Eco Del Cinema

Il filo nascosto (2017)

Recensione

“Il filo nascosto” – Recensione: il cinema letterario di Paul Thomas Anderson

Il filo nascosto “Il filo nascosto”, ultima fatica di Paul Thomas Anderson, è un film che non appaga mai lo spettatore dandogli quello che vorrebbe e che si aspetta, ma si incunea nella sua mente e prende direzioni impreviste, come una bella pagina di narrativa.

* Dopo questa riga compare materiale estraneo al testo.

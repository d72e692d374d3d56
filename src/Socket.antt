-- ===== src/Socket.antt =====
-- src/socket.c and src/socket_dtls.c: name resolution and the sockets.
pub mod Owned
pub mod Frame
pub mod Live
use thingsboard_sdk.Base.{ℕ, Bool, Option, none, some, List, [], ◌∷◌, Bytes, if◌then◌else◌}
use thingsboard_sdk.Types.{
  Errno, Result, ok, err, ReturnCode, eio, enoent, enonet, eperm, Configuration,
}
use thingsboard_sdk.Platform.{
  Env, SocketOption, tls_sec_tag_list, tls_hostname, tls_dtls_cid, so_keepopen, udp, dtls_1_2,
  getaddrinfo, zsock_socket, zsock_bind, zsock_connect, zsock_close, zsock_setsockopt,
}
use thingsboard_sdk.World.{World, SockAddr, M, ◌>>=◌, ◌>>◌, pure, done, ask, modify_client}
use thingsboard_sdk.Fota.{is_zero}
use thingsboard_sdk.Fota.Start.{c_string}

-- The first address of a look-up.
abbrev pub first_address : List ℕ → ℕ → Result SockAddr
first_address [] port = err enoent
first_address (a ∷ _) port = ok (record { addr = a; port = port })

module _ (e : Env) where
  -- thingsboard_server_resolve
  unfoldable pub server_resolve : Bytes → ℕ → M (Result SockAddr)
  server_resolve hostname port w =
      let r = ask (λ h. e.getaddrinfo_result h hostname) (getaddrinfo hostname) w in
      (r.0, if is_zero r.1 then first_address (e.addrinfo w.history hostname) port else err eio)

  -- thingsboard_socket_close
  unfoldable pub socket_close : Option ℕ → M (Unit {0})
  socket_close none = done
  socket_close (some sock) = do ask (λ h. e.close_result h sock) (zsock_close sock); done

  -- Leave with an error, the socket closed.
  close_and_fail : ℕ → Errno → M ReturnCode
  unfolding socket_close
  close_and_fail sock x = do socket_close (some sock); pure (err x)

  bind_socket : ℕ → M ReturnCode
  unfolding close_and_fail
  bind_socket sock = do
    res ← ask (λ h. e.bind_result h sock) (zsock_bind sock)
    elim res [ err _ ↦ close_and_fail sock enonet | ok _ ↦ pure (ok sock) ]

  -- thingsboard_socket_connect_internal
  unfoldable pub socket_connect_internal : M ReturnCode
  unfolding bind_socket
  socket_connect_internal = do
    res ← ask (λ h. e.socket_result h udp) (zsock_socket udp)
    elim res [ err _ ↦ pure (err enonet) | ok sock ↦ bind_socket sock ]

  -- thingsboard_socket_connect of socket.c, with `server_address` that of the client
  unfoldable pub socket_connect_udp : Configuration → M ReturnCode
  socket_connect_udp config = do
    address ← server_resolve (c_string config.server_hostname) config.server_port
    elim address [
      | err _ ↦ pure (err enonet)
      | ok a ↦ (do
        sock ← socket_connect_internal
        modify_client (λ c. record c { server_address = some a })
        pure sock)
    ]

  -- The socket options that are set in turn, each of which must not fail.
  set_options : List SocketOption → ℕ → M ReturnCode → M ReturnCode
  unfolding close_and_fail
  set_options [] sock k = k
  set_options (o ∷ os) sock k = do
    res ← ask (λ h. e.setsockopt_result h sock o) (zsock_setsockopt sock o)
    elim res [ err _ ↦ close_and_fail sock eperm | ok _ ↦ set_options os sock k ]

  connect_dtls : ℕ → M ReturnCode
  unfolding close_and_fail
  connect_dtls sock = do
    res ← ask (λ h. e.connect_result h sock) (zsock_connect sock)
    elim res [
      | err _ ↦ close_and_fail sock enonet
      | ok _ ↦ (do modify_client (λ c. record c { server_address = none }); pure (ok sock))
    ]

  open_dtls : M ReturnCode
  unfolding set_options connect_dtls
  open_dtls = do
    res ← ask (λ h. e.socket_result h dtls_1_2) (zsock_socket dtls_1_2)
    elim res [
      | err _ ↦ pure (err enonet)
      | ok sock ↦
          set_options (tls_sec_tag_list ∷ tls_hostname ∷ tls_dtls_cid ∷ so_keepopen ∷ []) sock
            (connect_dtls sock)
    ]

  -- thingsboard_socket_connect of socket_dtls.c
  unfoldable pub socket_connect_dtls : Configuration → M ReturnCode
  unfolding open_dtls
  socket_connect_dtls config = do
    address ← server_resolve (c_string config.server_hostname) config.server_port
    elim address [ err _ ↦ pure (err enonet) | ok a ↦ open_dtls ]

  -- thingsboard_socket_connect, by CONFIG_THINGSBOARD_DTLS
  unfoldable pub socket_connect : Configuration → M ReturnCode
  socket_connect config =
      if e.kconfig.dtls then socket_connect_dtls config else socket_connect_udp config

Una volta di più, con “Il filo nascosto” appare evidente quanto il regista e sceneggiatore Paul Thomas Anderson ami rischiare il tutto per tutto, facendo All-in nel poker del cinema già dopo poche inquadrature dall’inizio del film. Un’elegante prosa cinematografica accompagna lo stilista Reynolds Woodcok (Daniel Day Lewis) nella sua composta routine mattutina; con pochi ma decisi tratti il regista abbozza già la figura di un’austera e ingombrante sorella, Cyril (Lesley Manville); poi l’elegante Reynolds va in un ristorantino di campagna, dove viene servito da una cameriera. Lei è Alma (Vicky Krieps), e questo sarà l’incontro decisivo della vita di Reynolds. Ed ecco che Paul Thomas Anderson incomincia a tessere di nascosto la sua tela nella mente dello spettatore e sceglie di raccontargli questo incontro, tra due esseri umani emotivamente – e cinematograficamente – sgrammaticati, sovvertendo la grammatica cinematografica con un evidente scavalcamento di campo. L’autore sta avvisando chiaramente lo spettatore: non cercate punti fissi, né le scene né la storia vi porteranno nella ‘finta verità’ del cinema.

Oltre alla voluta sgrammaticatura cinematografica, infatti, vediamo come anche i personaggi partoriti dalla mente di Paul Thomas Anderson si comportino in maniera ‘cinematograficamente’ poco credibile. È proprio a causa di questa loro incoerenza che, a guardarli bene, essi sono in realtà ben più reali di quanto non sembri (e qui varrebbe la pena chiamare in causa Pirandello, ma ci si dilungherebbe troppo).

Da Cyril e Reynolds, legati da un rapporto di evidente co-dipendenza, ci aspetteremmo uno sviluppo nella storyline che ne metta in luce una qualche oscura morbosità (quasi alla Crimson Peak, per intenderci), ma niente di tutto ciò ci viene dato. Cyril ci sorprende nella sua ambiguità: all’inizio siamo portati a credere che sia gelosa delle donne di Reynolds, poi però notiamo in lei una scintilla di interesse nei confronti di Alma, appena abbozzata ma palpabile. Paul Thomas Anderson non ci dà quella perversione gotica che vorremmo, perché Cyril forse è più complice di Alma di quanto non sembri… ma nemmeno questo ci viene mostrato: è solo un’impressione, una bozza che il regista vuole lasciare lì e che sceglie deliberatamente di non approfondire per non assecondarci mai.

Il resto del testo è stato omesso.